165 Politisi Jadi Komisaris, DPR Harap UU BUMN Terbaru Bisa Dorong Profesionalisme
Kamis, 2 Oktober 2025 | 19:00 WIB
Ketua DPR RI Puan Maharani saat menyampaikan keterangan kepada awak media di Kompleks Parlemen, Senayan, Jakarta, pada Kamis (2/10/2025). (Foto: NU Online/Fathur)
Jakarta, NU Online
Transparency International Indonesia (TII) mengungkap dominasi politisi dalam jajaran komisaris Badan Usaha Milik Negara (BUMN). Dari 562 kursi yang diteliti, sebanyak 165 diisi oleh politisi, baik kader partai maupun relawan politik.
Penelitian yang dilakukan pada 12 Agustus hingga 25 September 2025 terhadap 59 perusahaan BUMN dan 60 subholding ini juga mencatat ada 172 komisaris berasal dari kalangan birokrat, 133 dari profesional, 35 dari militer, 29 dari aparat penegak hukum, 15 akademisi, 10 dari organisasi masyarakat, dan 1 eks pejabat negara.
“Komisaris di holding BUMN, tata kelola BUMN dikuasai lebih banyak oleh birokrat dan politisi,” ujar peneliti TII Asri Widayati melalui kanal Youtube Transparency International Indonesia, Kamis (2/10/2025).
Ia menilai dominasi tersebut berpotensi menghambat transparansi dan akuntabilitas. Lembaga antikorupsi itu menekankan perlunya pengelolaan BUMN yang lebih profesional agar perusahaan pelat merah dapat benar-benar berfungsi untuk kepentingan publik.
Menanggapi temuan itu, Ketua DPR RI Puan Maharani berharap keberadaan UU BUMN yang baru disahkan dalam Rapat Paripurna Masa Sidang I Tahun 2025-2026 bisa memperkuat tata kelola perusahaan negara dan mendorong profesionalisme di tubuh BUMN.
“Ya, dengan sudah adanya aturan yang baru, lagi kita lihat bagaimana agar semuanya bisa berjalan profesional dan efektif,” kata Puan di Kompleks Parlemen, Senayan, Jakarta, pada Kamis (2/10/2025).
Menurutnya, semangat perbaikan BUMN perlu dijalankan secara bersama-sama agar ke depan perusahaan pelat merah bisa lebih sehat dan memberi manfaat nyata bagi rakyat.

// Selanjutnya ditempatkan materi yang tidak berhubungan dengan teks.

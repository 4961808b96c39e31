-- ===== src/Examples/Travel.antt =====
-- A master over a TCP client and a slave over a TCP server, between which a command travels.
use libhdcp.Base.{◌≡◌, refl, [], ◌∷◌, true, false, ok, some, none, arith, no_error}
use libhdcp.Identity.{no_identification}
use libhdcp.Packet.Parse.{Packet, type}
use libhdcp.Master.Requests.{new_request, fulfilled, find_request, find_command}
use libhdcp.Master.Requests
use libhdcp.Master.Machine.{connected}
use libhdcp.Master.Machine
use libhdcp.Master.Engine
use libhdcp.Slave.Machine as SlaveMachine
use libhdcp.Interfaces.{Transport, Takes}
use libhdcp.Tcp.Asio.{reading_header}
use libhdcp.Tcp.Links.{client, server, client_takes, server_takes, given}
use libhdcp.Master.Session.{begin_keepalive}
use libhdcp.Slave.Engine as SlaveEngine
use libhdcp.Handshake.{handshake_lem}
use libhdcp.Packet.Make.{Identification}
use libhdcp.EndToEnd.{copied, copied-Same, command_round_lem}
use libhdcp.Examples.Instances.{flag_thread, empty_table}
use libhdcp.Examples.Transports.{list_queue, flag_asio}
use libhdcp.Examples.Tcp.{endpoint_with}
use libhdcp.Examples.Session
use libhdcp.Examples.Slave

abbrev Near : Transport
Near = client flag_thread list_queue flag_asio

abbrev Far : Transport
Far = server flag_thread list_queue flag_asio

abbrev near_takes : Takes Near
near_takes = client_takes flag_thread list_queue flag_asio

abbrev far_takes : Takes Far
far_takes = server_takes flag_thread list_queue flag_asio

-- Each packet is read into an array of three bytes.
abbrev carry : Packet → Packet
carry p = copied (record { data_ = 9 ∷ 9 ∷ 9 ∷ [] }) p

abbrev master : Machine.Master flag_thread Session.Queue Session.Events Near
master = record {
  thread = true;
  state = connected;
  events = λ e. false;
  manager = record {
    thread = true;
    ended = false;
    requests = [];
    answers = [];
    timeout_queue = empty_table;
    keepalive_mngt_id = 1;
    dip_id = 0;
    ka_ids = [];
    keepalive_mngt = false;
    now = 0;
    packet_id = 3;
    timeout_keepalive = 0;
    transport = endpoint_with (reading_header ∷ []);
  };
  master_id = no_identification;
  slave_id = no_identification;
  received_packet_id = 0;
  connection_attempts = 0;
  errc = no_error;
  status_calls = [];
  data_calls = [];
}

abbrev slave : SlaveMachine.Slave flag_thread Slave.Queue Slave.Events Far
slave = record {
  thread = true;
  state = SlaveMachine.connected;
  events = λ e. false;
  manager = record {
    thread = true;
    timeout_queue = empty_table;
    keepalive_id = 0;
    now = 0;
    packet_id = 65534;
    keepalive_mngt = false;
    timeout_keepalive = 0;
    transport = endpoint_with (reading_header ∷ []);
  };
  slave_id = no_identification;
  master_id = no_identification;
  received_packet_id = 6;
  errc = no_error;
  status_calls = [];
  cmd_calls = [];
}

no_timer : find_request 0 [] ≡ none
unfolding Requests.find_request
no_timer = refl

no_command : find_command 4 [] ≡ none
unfolding Requests.find_command
no_command = refl

command_round_lem_example :
    let out =
      Engine.send_command flag_thread Session.Queue Session.Events Near 5 (1 ∷ []) 0 master in
    (c k a : Packet) × (out.0 ≡ ok tt)
    × (given flag_thread list_queue flag_asio out.1.manager.transport ≡ c ∷ [])
    × (let served =
          SlaveMachine.receive_connected flag_thread Slave.Queue Slave.Events Far
            (type (carry c))
            (carry c)
            slave in
        (served.0 ≡ ok tt)
        × (served.1.cmd_calls ≡ record { type = 5; content = 1 ∷ [] } ∷ [])
        × (given flag_thread list_queue flag_asio served.1.manager.transport ≡ k ∷ a ∷ []))
    × (let kept =
          Machine.receive_connected flag_thread Session.Queue Session.Events Near
            (type (carry k))
            (carry k)
            out.1 in
        let done =
          Machine.receive_connected flag_thread Session.Queue Session.Events Near
            (type (carry a))
            (carry a)
            kept.1 in
        (kept.0 ≡ ok tt)
        × (done.0 ≡ ok tt)
        × (done.1.manager.answers
            ≡ record (new_request 0 c 0) { status = fulfilled; ack = some (carry a) } ∷ [])
        × (Session.Queue.pending done.1.manager.timeout_queue 0 ≡ none))
command_round_lem_example =
    command_round_lem flag_thread Session.Queue Session.Events Near near_takes flag_thread
      Slave.Queue Slave.Events Far far_takes carry (copied-Same (record { data_ = 9 ∷ 9 ∷ 9 ∷ [] }))
      5 (1 ∷ []) 0 master slave (omega arith) (omega arith) refl refl refl (omega arith) tt no_timer
      no_command

-- A host and a device that do not know each other.
abbrev host : Identification
host = record {
  name = 104 ∷ [];
  serial_number = 48 ∷ [];
  hw_version = 49 ∷ [];
  sw_version = 50 ∷ 51 ∷ [];
}

abbrev device : Identification
device = record { name = 100 ∷ []; serial_number = []; hw_version = 49 ∷ []; sw_version = 50 ∷ [] }

abbrev asking : Machine.Master flag_thread Session.Queue Session.Events Near
asking = record master { state = Machine.connecting; master_id = host }

abbrev alone : SlaveMachine.Slave flag_thread Slave.Queue Slave.Events Far
alone = record slave { state = SlaveMachine.disconnected; slave_id = device }

handshake_lem_example :
    let asked = Machine.attempt flag_thread Session.Queue Session.Events Near asking in
    (h d k : Packet) × (asked.0 ≡ ok tt)
    × (given flag_thread list_queue flag_asio asked.1.manager.transport ≡ h ∷ [])
    × (let met =
          SlaveMachine.receive_disconnected flag_thread Slave.Queue Slave.Events Far
            (type (carry h))
            (carry h)
            alone in
        let invited =
          SlaveEngine.run_entry flag_thread Slave.Queue Slave.Events Far
            (SlaveMachine.connecting, SlaveMachine.check_hip_received)
            false
            met.1 in
        let joined =
          SlaveMachine.enter_connecting flag_thread Slave.Queue Slave.Events Far invited in
        let known =
          Machine.receive_connecting flag_thread Session.Queue Session.Events Near
            (type (carry d))
            (carry d)
            asked.1 in
        let on =
          Engine.run_entry flag_thread Session.Queue Session.Events Near
            (connected, Machine.check_connected)
            false
            known.1 in
        let kept = begin_keepalive flag_thread Session.Queue Session.Events Near on in
        let heard =
          SlaveMachine.receive_connecting flag_thread Slave.Queue Slave.Events Far
            (type (carry k))
            (carry k)
            joined.1 in
        let ready =
          SlaveEngine.run_entry flag_thread Slave.Queue Slave.Events Far
            (SlaveMachine.connected, SlaveMachine.check_connected)
            false
            heard.1 in
        (met.1.master_id ≡ host)
        × (invited.state ≡ SlaveMachine.connecting)
        × (joined.0 ≡ ok tt)
        × (given flag_thread list_queue flag_asio joined.1.manager.transport ≡ d ∷ [])
        × (known.0 ≡ ok tt)
        × (known.1.slave_id ≡ device)
        × (on.state ≡ connected)
        × (kept.0 ≡ ok tt)
        × (given flag_thread list_queue flag_asio kept.1.manager.transport ≡ h ∷ k ∷ [])
        × (heard.0 ≡ ok tt)
        × (ready.state ≡ SlaveMachine.connected))
handshake_lem_example =
    handshake_lem flag_thread Session.Queue Session.Events Near near_takes flag_thread Slave.Queue
      Slave.Events Far far_takes carry (copied-Same (record { data_ = 9 ∷ 9 ∷ 9 ∷ [] })) asking
      alone (omega arith) (omega arith) refl refl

“Secara bergotong royong di Indonesia,” ujarnya.
Pokok-pokok pikiran dalam UU BUMN terbaru
1. Pengaturan terkait lembaga yang menyelenggarakan tugas pemerintahan di bidang BUMN dengan nomenklatur Badan Pengaturan BUMN yang selanjutnya disebut BP-BUMN.
2. Penambah kewenangan peran BP-BUMN dalam mengoptimalkan peran BUMN.
3. Pengaturan dividen saham seri A Dwi Warna dikelola langsung oleh BP-BUMN atas persetujuan Presiden.
4. Larangan rangkap jabatan untuk Menteri dan Wakil Menteri pada Direksi Komisaris dan Dewan Pengawas BUMN sebagai tindak lanjut putusan Mahkamah Konstitusi Nomor 128-PUU-XXIII-2025.
5. Menghapus ketentuan anggota Direksi, anggota Dewan Komisaris dan Dewan Pengawas bukan merupakan penyelenggara negara.
6. Kesetaraan gender bagi karyawan BUMN yang menduduki jabatan Direksi, Komisaris dan jabatan Manajerial di BUMN.
7. Perlakuan perpajakan atas transaksi yang melibatkan badan, holding operasional, holding investasi atau pihak ketiga yang diatur dalam peraturan pemerintah.
8. Pengaturan pengecualian pengusahaan BUMN yang ditetapkan sebagai alat fiskal dari BP BUMN.
9. Pengaturan kewenangan pemeriksaan keuangan BUMN oleh Badan Pemeriksa Keuangan (BPK).
10. Pengaturan mekanisme peralihan dari Kementerian BUMN kepada BP BUMN.
11. Pengaturan jangka waktu rangkap jabatan Menteri atau Wakil Menteri sebagai organ BUMN sejak putusan Mahkamah Konstitusi diucapkan serta pengaturan substansial lainnya.